Another important issue for RTA is to obtain the transient flow behavior of fractured tight gas wells, making production analysis and unknown parameter interpretation [20]. Present studies show that the flow regimes for single-phase gas/oil flow in unconventional formations mainly include linear flow regimes dominated, respectively, by each zone, bilinear/transitional flow regimes dominated by two zones, and boundary-dominated flow regimes [8,10]. Therefore, the characteristic lines and points are often used in production data analysis. First, the slopes of the linear and bilinear flow regimes are used to generate several equations among unknown parameters [21,22,23]. Second, the time of deviation from the LF/BLF to BDF can be used to generate another relationship between the unknowns [24,25]. In this way, the unknown formation and fracture parameters can be interpreted by combining type curve fitting [25]. However, the present RTA method is limited to single-phase flow problems and the nonlinear flow mechanisms are not considered, which makes it difficult to make production data analysis and formation evaluation.
In this paper, a novel RTA method is proposed for multi-fractured tight gas wells with the consideration of nonlinear flow mechanisms.
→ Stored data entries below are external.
-- ===== src/HandlespaceNode/Tests.antt =====
-- The operations on a handlespace at concrete inputs: an element is registered for a Round Robin pool.
use mathlib.Core.List.{Perm}
use mathlib.Core.List.Perm
use rsplib.Base.{
  ℕ, List, [], ◌∷◌, ◌≡◌, ◌≢◌, refl, sym, ap, subst, arith, none, some, Option, false, true, All,
  pos,
}
use rsplib.PolicySettings.{PoolPolicySettings, ppt_roundrobin, is_valid, adapt}
use rsplib.PoolElement.{PoolElementNode, account}
use rsplib.PoolElement
use rsplib.PoolNode.{PoolNode, okay, check_compatibility}
use rsplib.PoolNode
use rsplib.PoolNode.Invariant
use rsplib.PoolPolicy.Laws.{get_pool_policy_by_type-IsPolicy}
use rsplib.PoolPolicy.Order.{IsPolicy}
use rsplib.PoolPolicy.Table.{round_robin, pool_policy_array, get_pool_policy_by_type}
use rsplib.PoolPolicy.Tests.{whole_numbers}
use rsplib.HandlespaceNode
use rsplib.HandlespaceNode.{PoolHandlespaceNode, element_at, find_pool}
use rsplib.HandlespaceNode.Books.{booked, entries}
use rsplib.HandlespaceNode.Computing.{compute_handlespace_checksum-kept}
use rsplib.HandlespaceNode.Elements.{update_ownership, update_element, remove_element}
use rsplib.HandlespaceNode.Invariant.{IsValid, new-IsValid}
use rsplib.HandlespaceNode.Owning.{owned_by, update_ownership-Changes}
use rsplib.HandlespaceNode.Registering.{Registering, add_or_update-IsValid}
use rsplib.HandlespaceNode.Registration.{
  Registered, add_or_update, select_by_policy, compute_handlespace_checksum,
}
use rsplib.HandlespaceNode.Removing.{remove_element-IsValid}
use rsplib.HandlespaceNode.Runs.{Step, Reached, Reached-IsValid}
use rsplib.HandlespaceNode.Selecting.{HasNumbers, select_by_policy-IsValid}
use rsplib.HandlespaceNode.Updating.{updated_by, update_element-Changes}
use rsplib.HandlespaceNode.Writing.{Changes}

abbrev settings : PoolPolicySettings
settings = record {
  policy_type = ppt_roundrobin;
  weight = 1;
  load = 0;
  load_degradation = 0;
  load_dpf = 0;
  weight_dpf = 0;
  distance = 0;
}

abbrev element : (id home : ℕ) → PoolElementNode
element id home =
    PoolElement.new id home 30000 settings
      (record { protocol = 132; port = 1024; control_channel = false; addresses = 1 }) none (pos 5)
      3

abbrev echo : List ℕ
echo = 69 ∷ 99 ∷ 104 ∷ 111 ∷ []

abbrev echo_pool : PoolNode
echo_pool = PoolNode.new echo (round_robin whole_numbers) 132 false

round_robin-IsPolicy : IsPolicy (round_robin whole_numbers)
unfolding get_pool_policy_by_type pool_policy_array round_robin
round_robin-IsPolicy =
    (get_pool_policy_by_type-IsPolicy whole_numbers ppt_roundrobin (round_robin whole_numbers)
      refl).0

echo_pool-IsValid : PoolNode.Invariant.IsValid echo_pool
unfolding PoolNode.new
echo_pool-IsValid = record {
  is_policy = round_robin-IsPolicy;
  seq_fits = omega arith;
  selected = record { sorted = tt; entries = tt; distinct = tt };
  index_sorted = tt;
  indexed = Perm.nil;
}

-- The registrar with the identifier 1, without pools.
abbrev empty : PoolHandlespaceNode
empty = HandlespaceNode.new 1 true

abbrev of_result : Option Registered → PoolHandlespaceNode
of_result none = empty
of_result (some r) = r.handlespace

-- The element 7, of the registrar 1, is registered.
abbrev one_element : PoolHandlespaceNode
one_element = of_result (add_or_update echo_pool (element 7 1) empty)

one_element-IsValid : IsValid one_element
unfolding PoolNode.new HandlespaceNode.new
one_element-IsValid =
    let (r, q, v, _) =
      add_or_update-IsValid echo_pool (element 7 1) empty (new-IsValid 1 true) tt echo_pool-IsValid
        refl in
    subst IsValid (sym (ap of_result q)) v

-- Where the element 7 is.
abbrev of_place : Option (PoolNode × PoolElementNode) → PoolNode × PoolElementNode
of_place none = (echo_pool, element 7 1)
of_place (some x) = x

abbrev place : PoolNode × PoolElementNode
place = of_place (element_at echo 7 one_element.pools)

element_at-place : element_at echo 7 one_element.pools ≡ some place
unfolding add_or_update element_at HandlespaceNode.new PoolNode.new PoolElement.new round_robin
    is_valid adapt
element_at-place = refl

-- It moves to the registrar 2.
update_ownership-Changes_example :
    (ns' : PoolHandlespaceNode) × (update_ownership echo 7 2 one_element ≡ some ns')
    × Changes echo 7 (account place.1) (owned_by echo 2 (account place.1)) one_element ns'
update_ownership-Changes_example =
    update_ownership-Changes one_element echo 7 place.0 place.1 2 one_element-IsValid
      element_at-place

update_element-Changes_example :
    (ns' : PoolHandlespaceNode) × (update_element echo 7 (element 7 2) one_element
      ≡ some (check_compatibility place.0 place.1, ns'))
    × (check_compatibility place.0 place.1 ≢ okay → ns' ≡ one_element)
    × (check_compatibility place.0 place.1 ≡ okay
        → Changes echo 7
            (account place.1)
            (updated_by echo (element 7 2) (account place.1))
            one_element
            ns')
unfolding PoolElement.new is_valid
update_element-Changes_example =
    update_element-Changes one_element echo 7 place.0 place.1 (element 7 2) one_element-IsValid
      element_at-place refl

remove_element-IsValid_example :
    (e' : PoolElementNode) × (ns' : PoolHandlespaceNode) × (remove_element echo 7 one_element
      ≡ some (e', ns'))
    × IsValid ns'
    × (account e' ≡ account place.1)
    × (element_at echo 7 ns'.pools ≡ none)
    × Perm (entries one_element.pools) (booked echo (account place.1) ∷ entries ns'.pools)
remove_element-IsValid_example =
    remove_element-IsValid one_element echo 7 place.0 place.1 one_element-IsValid element_at-place

compute_handlespace_checksum-kept_example :
    compute_handlespace_checksum one_element ≡ one_element.handlespace_checksum
compute_handlespace_checksum-kept_example =
    compute_handlespace_checksum-kept one_element one_element-IsValid

has_numbers : All (HasNumbers 1) one_element.pools
unfolding add_or_update HandlespaceNode.new PoolNode.new PoolElement.new round_robin is_valid adapt
has_numbers = (omega arith, tt)

select_by_policy-IsValid_example :
    (chosen : Option (List ℕ)) × (ns' : PoolHandlespaceNode) × (select_by_policy
        (λ n. n)
        echo
        1
        0
        one_element
      ≡ some (chosen, ns'))
    × IsValid ns'
    × Perm (entries ns'.pools) (entries one_element.pools)
    × (find_pool echo one_element.pools ≡ some none → (chosen ≡ none) × (ns' ≡ one_element))
select_by_policy-IsValid_example =
    select_by_policy-IsValid (λ n. n) echo 1 0 one_element one_element-IsValid (omega arith)
      (omega arith) (omega arith) has_numbers

-- The registration of the element 7, and its result.
abbrev of_registered : Option Registered → Registered
of_registered none = record { error = okay; element = none; handlespace = empty }
of_registered (some r) = r

abbrev registered : Registered
registered = of_registered (add_or_update echo_pool (element 7 1) empty)

add_or_update-registered : add_or_update echo_pool (element 7 1) empty ≡ some registered
unfolding add_or_update HandlespaceNode.new PoolNode.new PoolElement.new round_robin is_valid adapt
add_or_update-registered = refl

registered-Reached : Reached 1 true registered.handlespace
unfolding HandlespaceNode.new PoolNode.new
registered-Reached = Reached.next Reached.begin (
    Step.register echo_pool (element 7 1) registered tt echo_pool-IsValid refl
      add_or_update-registered)

Reached-IsValid_example :
    IsValid registered.handlespace
    × (compute_handlespace_checksum registered.handlespace
        ≡ registered.handlespace.handlespace_checksum)
Reached-IsValid_example = Reached-IsValid 1 true registered.handlespace registered-Reached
First, the mathematical model provided in our previous work is applied to theoretical solution generation [19]. The nonlinear flow mechanisms are considered in the model, including gas-water two-phase flow, gas slippage, low-velocity non-Darcy flow, and stress-dependent permeability. Second, the RTA method is proposed based on the mathematical model, including the techniques of production data processing, linear/bilinear flow regime analysis, and type curve fitting. Finally, the rate transient behavior and influencing factors are provided, and a field example from Northwestern China is used to benchmark the proposed RTA method.

2. Mathematical Model

2.1. Physical Model

The microseismic data show that multiple fractures are generated after hydraulic fracturing of the horizontal wells in tight gas formation [26], as shown in Figure 1. In addition to the transverse main fractures, field and laboratory tests show that the multiple induced small-scaled fractures can be generated between the main fractures [27,28]. The stimulated zone between the main fractures is often characterized by the inner reservoir, which has higher permeability than the unstimulated zone (i.e., the outer reservoir in Figure 1 [29,30]). In this way, the reservoir around the horizontal well can be divided into three zones, including the hydraulic fracture, and inner and outer reservoirs. Because many tight gas wells exhibit linear and bilinear flow regimes, the trilinear flow model proposed in our previous work is applied to propose the physical model [20]. Three assumptions are included: (1) the formation is horizontal and with equal thickness; (2) the formation is fully penetrated by the hydraulic fractures; (3) the flow of gas and water in the three zones are regarded as linear, and treating the flux from the outer reservoir as a source of the inner reservoir, and treating the flux from the inner reservoir as source term of the fracture. In this paper, three major modifications are made to the previous model. First, the nonlinear flow mechanisms are addressed, including gas slippage, stress-dependent permeability, and low-velocity non-Darcy flow. Second, the two-phase flow in the formation is considered in the whole reservoir. Third, a rate transient analysis method is proposed in this paper based on the model to make formation and fracturing evaluations by analyzing the production data. One should note that each transverse fracture stage is extracted to model two-phase flow in the formation, so the fractures can be assumed to be with different lengths and unsymmetrical, as shown in Figure 1.
Figure 1 also shows that the interpreted fracture from Instantaneous Shut-in Pressure (ISIP) analysis is beyond the seismic deformation region and even longer than 1000 m, which is not reasonable in the field. Therefore, it is significant to propose a new RTA method to justify fracture parameter interpretations.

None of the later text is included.